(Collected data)
Segment Open

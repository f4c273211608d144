-- ===== src/PamOvirtCred/Authenticate/Releases.antt =====
-- What pam_sm_authenticate() releases in the end.
use ovirt_guest_agent.Prelude.{
  ◌≡◌, refl, sym, ◌∙◌, ap, ◌≢◌, ◌⊎◌, inl, inr, Option, none, some, List, [], ◌∷◌, arith, Bytes,
  Bool-cases,
}
use ovirt_guest_agent.PamOvirtCred.CredChannel.{
  ok, Sys, Host, Parsed, parsed, unparsed, Acquired, acquire_user_credentials,
}
use ovirt_guest_agent.PamOvirtCred.Authenticate.{
  PamRet, pam_success, Pam, Handle, Done, is_success, drop_all, Cleanup, overwrite_password,
  drop_password, drop_username, after_acquire, retrieve, give_up, prompted, pam_sm_authenticate,
  free_token,
}
use ovirt_guest_agent.PamOvirtCred.Authenticate.Access.{
  >>=-returns, is_success→eq, after_acquire_eq,
}

-- The prompt fails, or the exchange with the agent gives no strings.
abbrev pub NoCredentials : Pam → Sys → Host → Bytes → Bytes → Type 0
NoCredentials pam sys host stack token =
    (pam.prompt.0 ≢ pam_success)
    ⊎ ((a : Acquired) × (acquire_user_credentials sys host stack token ≡ ok a)
        × (a.result ≡ unparsed))

-- What is to be done in the end with the strings that the prompt and the exchange with the agent gave.
pub data Released (pam : Pam) (sys : Sys) (host : Host) (stack : Bytes)
    : List Cleanup → Type 0 where
  nothing : pam.prompt.1 ≡ none → Released pam sys host stack []
  token_alone :
      (token : Bytes)
      → pam.prompt.1 ≡ some token
      → NoCredentials pam sys host stack token
      → Released pam sys host stack (free_token token ∷ [])
  all_strings :
      (token : Bytes) (a : Acquired) {username password : Bytes}
      → pam.prompt ≡ (pam_success, some token)
      → acquire_user_credentials sys host stack token ≡ ok a
      → a.result ≡ parsed username password
      → Released pam sys host stack (
          free_token token
          ∷ overwrite_password password
          ∷ drop_password password
          ∷ drop_username username
          ∷ [])

done_eq : {d e : Done} → ok d ≡ ok e → e.cleanup ≡ d.cleanup
done_eq same = ground (arith, same)

module _ (pam : Pam) (sys : Sys) (host : Host) (stack : Bytes) (h : Handle) (d : Done) where
  acquired-Released :
      (token : Bytes) (a : Acquired)
      → pam.prompt ≡ (pam_success, some token)
      → acquire_user_credentials sys host stack token ≡ ok a
      → (result : Parsed) → a.result ≡ result
      → Released pam sys host stack (free_token token ∷ drop_all result)
  acquired-Released token a p acq unparsed r = token_alone token (ap (λ x. x.1) p) (inr (a, acq, r))
  acquired-Released token a p acq (parsed username password) r = all_strings token a p acq r

  asked-Released :
      (r : PamRet) (o : Option Bytes)
      → pam.prompt ≡ (r, o)
      → prompted pam sys host stack h (r, o) ≡ ok d
      → Released pam sys host stack d.cleanup
  unfolding prompted give_up retrieve
  asked-Released r none p run = rw (done_eq run) (nothing (ap (λ x. x.1) p))
  asked-Released r (some token) p run = elim (Bool-cases (is_success r)) [
    | inl s ↦
        let (a, rest, acq) =
          >>=-returns (acquire_user_credentials sys host stack token) (after_acquire pam h token) d
            (sym (rw s at run)) in
        let (x, y, dropped) = after_acquire_eq pam sys host stack h d token a rest in
        rw dropped (
          acquired-Released token a (p ∙ ap (λ q. (q, some token)) (is_success→eq r s)) (sym acq)
            a.result refl)
    | inr s ↦ rw (done_eq (rw s at run)) (
        token_alone token (ap (λ x. x.1) p)
          (inl (λ e. absurd (ground (arith, s, sym (ap (λ x. x.0) p) ∙ e)))))
  ]

  -- A run that returns, with whatever code: of the strings that the module was given, token, password and user name, each is
  -- released, once, and nothing else is; and the password is overwritten before.
  pub authenticate_releases :
      pam_sm_authenticate pam sys host stack h ≡ ok d → Released pam sys host stack d.cleanup
  unfolding pam_sm_authenticate
  authenticate_releases run = asked-Released pam.prompt.0 pam.prompt.1 refl run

Segment Closed

* EXERCISE AIM *
Filter the entries down to the lines containing "with". Copy each of those lines.

* WORKED SOLUTION *
-- The prompt fails, or the exchange with the agent gives no strings.
-- What is to be done in the end with the strings that the prompt and the exchange with the agent gave.
  -- A run that returns, with whatever code: of the strings that the module was given, token, password and user name, each is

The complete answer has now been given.